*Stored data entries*
-- ===== src/Text/Utf8.antt =====
-- The text of a byte slice: unicode/utf8's DecodeRune from one rune to the next. A byte that begins no valid
-- encoding stands as a number above all code points.
use copyfail_validation.Base.{
  ℕ, zero, suc, List, [], ◌∷◌, ◌+◌, ◌-◌, ◌*◌, Bool, ◌&&◌, leb, ltb, ◌==◌, if◌then◌else◌,
}
use copyfail_validation.Text.{Text}

abbrev pub Bytes : Type 0
Bytes = List ℕ

abbrev between : ℕ → ℕ → ℕ → Bool
between low high b = leb low b && leb b high

-- The bounds of the second byte, which rule out longer encodings, surrogates and what is above 0x10ffff.
abbrev second_low : ℕ → ℕ
second_low b = if b == 0xe0 then 0xa0 else if b == 0xf0 then 0x90 else 0x80

abbrev second_high : ℕ → ℕ
second_high b = if b == 0xed then 0x9f else if b == 0xf4 then 0x8f else 0xbf

abbrev invalid : ℕ → ℕ × ℕ
invalid b = (0x110000 + b, 0)

-- The code point that a byte begins, and how many of the bytes behind it belong to it.
unfoldable pub decode_rune : ℕ → Bytes → ℕ × ℕ
decode_rune b (c ∷ d ∷ e ∷ s) =
    if ltb b 0x80
    then (b, 0)
    else if between 0xc2 0xdf b && between 0x80 0xbf c
    then ((b - 0xc0) * 0x40 + (c - 0x80), 1)
    else if between 0xe0 0xef b && between (second_low b) (second_high b) c && between 0x80 0xbf d
    then ((b - 0xe0) * 0x1000 + (c - 0x80) * 0x40 + (d - 0x80), 2)
    else if between 0xf0 0xf4 b
        && between (second_low b) (second_high b) c
        && between 0x80 0xbf d
        && between 0x80 0xbf e
    then ((b - 0xf0) * 0x40000 + (c - 0x80) * 0x1000 + (d - 0x80) * 0x40 + (e - 0x80), 3)
    else invalid b
decode_rune b (c ∷ d ∷ []) =
    if ltb b 0x80
    then (b, 0)
    else if between 0xc2 0xdf b && between 0x80 0xbf c
    then ((b - 0xc0) * 0x40 + (c - 0x80), 1)
    else if between 0xe0 0xef b && between (second_low b) (second_high b) c && between 0x80 0xbf d
    then ((b - 0xe0) * 0x1000 + (c - 0x80) * 0x40 + (d - 0x80), 2)
    else invalid b
decode_rune b (c ∷ []) =
    if ltb b 0x80
    then (b, 0)
    else if between 0xc2 0xdf b && between 0x80 0xbf c
    then ((b - 0xc0) * 0x40 + (c - 0x80), 1)
    else invalid b
decode_rune b [] = if ltb b 0x80 then (b, 0) else invalid b

-- The text behind a number of bytes that are read already.
unfoldable pub decode_from : ℕ → Bytes → Text
unfolding decode_rune
decode_from skip [] = []
decode_from (suc skip) (b ∷ s) = decode_from skip s
decode_from zero (b ∷ s) = let (c, more) = decode_rune b s in c ∷ decode_from more s

unfoldable pub decode : Bytes → Text
unfolding decode_from
decode s = decode_from 0 s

*Task goal*
Write down all the entries again without a single difference.

*Solution*
-- ===== src/Text/Utf8.antt =====
-- The text of a byte slice: unicode/utf8's DecodeRune from one rune to the next. A byte that begins no valid
-- encoding stands as a number above all code points.
use copyfail_validation.Base.{
  ℕ, zero, suc, List, [], ◌∷◌, ◌+◌, ◌-◌, ◌*◌, Bool, ◌&&◌, leb, ltb, ◌==◌, if◌then◌else◌,
}
use copyfail_validation.Text.{Text}

abbrev pub Bytes : Type 0
Bytes = List ℕ

abbrev between : ℕ → ℕ → ℕ → Bool
between low high b = leb low b && leb b high

-- The bounds of the second byte, which rule out longer encodings, surrogates and what is above 0x10ffff.
abbrev second_low : ℕ → ℕ
second_low b = if b == 0xe0 then 0xa0 else if b == 0xf0 then 0x90 else 0x80

abbrev second_high : ℕ → ℕ
second_high b = if b == 0xed then 0x9f else if b == 0xf4 then 0x8f else 0xbf

abbrev invalid : ℕ → ℕ × ℕ
invalid b = (0x110000 + b, 0)

-- The code point that a byte begins, and how many of the bytes behind it belong to it.
unfoldable pub decode_rune : ℕ → Bytes → ℕ × ℕ
decode_rune b (c ∷ d ∷ e ∷ s) =
    if ltb b 0x80
    then (b, 0)
    else if between 0xc2 0xdf b && between 0x80 0xbf c
    then ((b - 0xc0) * 0x40 + (c - 0x80), 1)
    else if between 0xe0 0xef b && between (second_low b) (second_high b) c && between 0x80 0xbf d
    then ((b - 0xe0) * 0x1000 + (c - 0x80) * 0x40 + (d - 0x80), 2)
    else if between 0xf0 0xf4 b
        && between (second_low b) (second_high b) c
        && between 0x80 0xbf d
        && between 0x80 0xbf e
    then ((b - 0xf0) * 0x40000 + (c - 0x80) * 0x1000 + (d - 0x80) * 0x40 + (e - 0x80), 3)
    else invalid b
decode_rune b (c ∷ d ∷ []) =
    if ltb b 0x80
    then (b, 0)
    else if between 0xc2 0xdf b && between 0x80 0xbf c
    then ((b - 0xc0) * 0x40 + (c - 0x80), 1)
    else if between 0xe0 0xef b && between (second_low b) (second_high b) c && between 0x80 0xbf d
    then ((b - 0xe0) * 0x1000 + (c - 0x80) * 0x40 + (d - 0x80), 2)
    else invalid b
decode_rune b (c ∷ []) =
    if ltb b 0x80
    then (b, 0)
    else if between 0xc2 0xdf b && between 0x80 0xbf c
    then ((b - 0xc0) * 0x40 + (c - 0x80), 1)
    else invalid b
decode_rune b [] = if ltb b 0x80 then (b, 0) else invalid b

-- The text behind a number of bytes that are read already.
unfoldable pub decode_from : ℕ → Bytes → Text
unfolding decode_rune
decode_from skip [] = []
decode_from (suc skip) (b ∷ s) = decode_from skip s
decode_from zero (b ∷ s) = let (c, more) = decode_rune b s in c ∷ decode_from more s

unfoldable pub decode : Bytes → Text
unfolding decode_from
decode s = decode_from 0 s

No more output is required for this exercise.